START Exercise input

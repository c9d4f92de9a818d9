-- ===== src/Catalog/Pages/Fresh.antt =====
-- The result of `RunCatalogEvaluation`: it belongs to one revision of the catalog.
use mathlib.Core.Path.{subst}
use mujeeb24_backend_go.Common.{
  ℕ, String, ◌==◌, ==_iff, ◌≡◌, refl, ◌≢◌, ◌⊎◌, inl, inr, Bool, true, false, List, ◌∷◌, Result, ok,
  err, In, if◌then◌else◌,
}
use mujeeb24_backend_go.Catalog.Projection.{CatalogAiItem, CatalogAiProjection}
use mujeeb24_backend_go.Catalog.Session.{
  CatalogBatchCandidate, CatalogError, CatalogEvaluationInput, Call, Controller, ◌>>=◌, ◌>>◌, pure,
  fail, catalog_changed_during_evaluation, catalog_changed_during_final, get_revision, bind_case,
  perform_case,
}
use mujeeb24_backend_go.Catalog.Batches.{coverage_complete}
use mujeeb24_backend_go.Catalog.Final.{run_final_evaluation}
use mujeeb24_backend_go.Catalog.Final.Outcome.{Answered, FitsFinal, FinalFailure, FinalResult}
use mujeeb24_backend_go.Catalog.Final.Answer.{selected, run_final_evaluation_lem}
use mujeeb24_backend_go.Catalog.Pages.{
  Progress, start_progress, read_pages, read_revision, check_coverage, confirm, after_pages,
  after_revision, run_paged_catalog_evaluation,
}
use mujeeb24_backend_go.Catalog.Pages.Loop.{
  IsPageError, OnPage, IsSound, Gathered, read_pages-Gathered,
}

module _ {Context Contract Usage Decision : Type 0} (c : Controller Context Contract Usage Decision)
    (input : CatalogEvaluationInput Context Contract) where
  -- The catalog answered with two revisions that differ, first at the history `h`.
  abbrev pub Changed : List (Call Context Contract Usage) → Type 0
  Changed h =
      (r s : String) × (k : List (Call Context Contract Usage)) × (c.revision input.business_id h
        ≡ ok r)
      × (c.revision input.business_id k ≡ ok s)
      × (s ≢ r)

  -- How a run that is wired and names its business fails.
  abbrev pub RunFailure : List (Call Context Contract Usage) → CatalogError → Type 0
  RunFailure h catalog_changed_during_evaluation = Changed h
  RunFailure h catalog_changed_during_final = Changed h
  RunFailure h e = IsPageError e ⊎ ((p : CatalogAiProjection) × FinalFailure c input 0 p e)

  -- The decision is terminal and was given on items of pages of the catalog; the revision was read
  -- by the first call and by the last, with the same answer.
  abbrev pub RunResult :
      List (Call Context Contract Usage)
      → Result CatalogError (Decision × CatalogAiProjection) × List (Call Context Contract Usage)
      → Type 0
  RunResult h (ok (d, p), k) =
      ((r : String) × (j : List (Call Context Contract Usage)) × (c.revision input.business_id h
          ≡ ok r)
        × (k ≡ get_revision input.business_id ∷ j)
        × (c.revision input.business_id j ≡ ok r))
      × (c.is_terminal d ≡ true)
      × ((x : CatalogAiItem) → In x p.items → OnPage c input x)
      × ((candidates : List CatalogBatchCandidate) × Answered c input d p candidates
          × FitsFinal c input p candidates)
  RunResult h (err e, k) = RunFailure h e

  IsPageError-RunFailure :
      (h : List (Call Context Contract Usage)) (e : CatalogError) → IsPageError e → RunFailure h e
  IsPageError-RunFailure h catalog_changed_during_evaluation b = absurd b
  IsPageError-RunFailure h catalog_changed_during_final b = absurd b
  IsPageError-RunFailure h e b = inl b

  FinalFailure-RunFailure :
      (h : List (Call Context Contract Usage)) (p : CatalogAiProjection) (e : CatalogError)
      → FinalFailure c input 0 p e
      → RunFailure h e
  FinalFailure-RunFailure h p catalog_changed_during_evaluation b = absurd b
  FinalFailure-RunFailure h p catalog_changed_during_final b = absurd b
  FinalFailure-RunFailure h p e b = inr (p, b)

  differ : (r s : String) → (s == r) ≡ false → s ≢ r
  differ r s e = λ p. cc (e, (==_iff s r).1 p)

  confirm-RunResult :
      (r : String) (d : Decision) (source p : CatalogAiProjection)
      (h k : List (Call Context Contract Usage))
      → c.revision input.business_id h ≡ ok r
      → ((x : CatalogAiItem) → In x p.items → OnPage c input x)
      → FinalResult c input 0 source (ok (d, p))
      → RunResult h (confirm c input r (d, p) k)
  unfolding confirm read_revision
  confirm-RunResult r d source p h k e there (terminal, rounds, answered) =
      perform_case (get_revision input.business_id) (c.revision input.business_id)
        (λ s. if s == r then pure (d, p) else fail catalog_changed_during_final) k (RunResult h)
        (λ x e'. inl tt) (λ s e'. by_test s e' (s == r) refl)
    where
      by_test :
          (s : String)
          → c.revision input.business_id k ≡ ok s
          → (b : Bool) → (s == r) ≡ b
          → RunResult h (
              (if b then pure (d, p) else fail catalog_changed_during_final)
                (get_revision input.business_id ∷ k))
      by_test s e' true same_revision =
          let s_is_r = (==_iff s r).0 same_revision in
          ((r, k, e, refl, rw s_is_r at e'), terminal, there, answered)
      by_test s e' false t = (r, s, k, e, e', differ r s t)

  after_pages-RunResult :
      (r : String) (s : Progress) (h k : List (Call Context Contract Usage))
      → c.revision input.business_id h ≡ ok r
      → IsSound c input s
      → RunResult h (after_pages c input r s k)
  unfolding after_pages read_revision
  after_pages-RunResult r s h k e sound =
      perform_case (get_revision input.business_id) (c.revision input.business_id)
        (λ revision_end.
          if revision_end == r
          then (run_final_evaluation c input s.candidate_set s.candidate_projection
                s.next_batch_number
              >>= confirm c input r)
          else fail catalog_changed_during_evaluation)
        k (RunResult h) (λ x e'. inl tt)
        (λ revision_end e'. by_test revision_end e' (revision_end == r) refl)
    where
      final_result :
          (j i : List (Call Context Contract Usage))
          (o : Result CatalogError (Decision × CatalogAiProjection))
          → run_final_evaluation c input s.candidate_set s.candidate_projection s.next_batch_number
              j
            ≡ (o, i)
          → FinalResult c input 0 (selected c input s.candidate_set s.candidate_projection) o
      final_result j i o q =
          subst
            (λ t.
              FinalResult c input 0 (selected c input s.candidate_set s.candidate_projection) t.0)
            q
            (run_final_evaluation_lem c input s.candidate_set s.candidate_projection
              s.next_batch_number j).0

      by_test :
          (revision_end : String)
          → c.revision input.business_id k ≡ ok revision_end
          → (b : Bool) → (revision_end == r) ≡ b
          → RunResult h (
              (if b
                  then (run_final_evaluation c input s.candidate_set s.candidate_projection
                        s.next_batch_number
                      >>= confirm c input r)
                  else fail catalog_changed_during_evaluation)
                (get_revision input.business_id ∷ k))
      by_test revision_end e' false t = (r, revision_end, k, e, e', differ r revision_end t)
      by_test revision_end e' true t =
          bind_case
            (run_final_evaluation c input s.candidate_set s.candidate_projection
              s.next_batch_number)
            (confirm c input r) (get_revision input.business_id ∷ k) (RunResult h)
            (λ x i q. FinalFailure-RunFailure h _ x (final_result _ i (err x) q))
            (λ result i q.
              let f = final_result _ i (ok result) q in
              confirm-RunResult r result.0 (selected c input s.candidate_set s.candidate_projection)
                result.1 h i e
                (λ x there. sound.on_page x (
                  (run_final_evaluation_lem c input s.candidate_set s.candidate_projection
                      s.next_batch_number k).1
                    result.1 f.1.0 f.1.2 x there))
                f)

  check_coverage-RunResult :
      (r : String) (s : Progress) (h k : List (Call Context Contract Usage))
      → c.revision input.business_id h ≡ ok r
      → IsSound c input s
      → RunResult h ((check_coverage c input s >> after_pages c input r s) k)
  unfolding check_coverage
  check_coverage-RunResult r s h k e sound =
      rw sound.completed (after_pages-RunResult r s h k e sound)

  pub start-IsSound : IsSound c input start_progress
  unfolding coverage_complete
  start-IsSound = record { completed = refl; on_page = λ x i. absurd i }

  -- A decision that the evaluation returns is terminal; the final model gave it on items that stood
  -- on pages of the catalog; and the catalog answered with the same revision to the first call of
  -- the run and to the last. The run fails with a changed catalog only if it saw two revisions; it
  -- never fails for incomplete coverage, since every batch is completed when its loop goes on.
  pub run_paged_catalog_evaluation_lem :
      (fuel : ℕ) (h : List (Call Context Contract Usage))
      → RunResult h (run_paged_catalog_evaluation c input fuel h)
  unfolding run_paged_catalog_evaluation read_revision after_revision
  run_paged_catalog_evaluation_lem fuel h =
      perform_case (get_revision input.business_id) (c.revision input.business_id)
        (after_revision c input fuel) h (RunResult h) (λ x e. inl tt)
        (λ r e.
          bind_case (read_pages c input fuel "" start_progress)
            (λ s. check_coverage c input s >> after_pages c input r s)
            (get_revision input.business_id ∷ h) (RunResult h)
            (λ x k q. IsPageError-RunFailure h x (
              subst (Gathered c input) q
                (read_pages-Gathered c input fuel "" start_progress _ start-IsSound)))
            (λ s k q. check_coverage-RunResult r s h k e (
              subst (Gathered c input) q
                (read_pages-Gathered c input fuel "" start_progress _ start-IsSound))))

END Exercise input

**What you should do:**
Output the number of lines in the records above that contain the string "fuel", and no other text.

**Written answer:**
7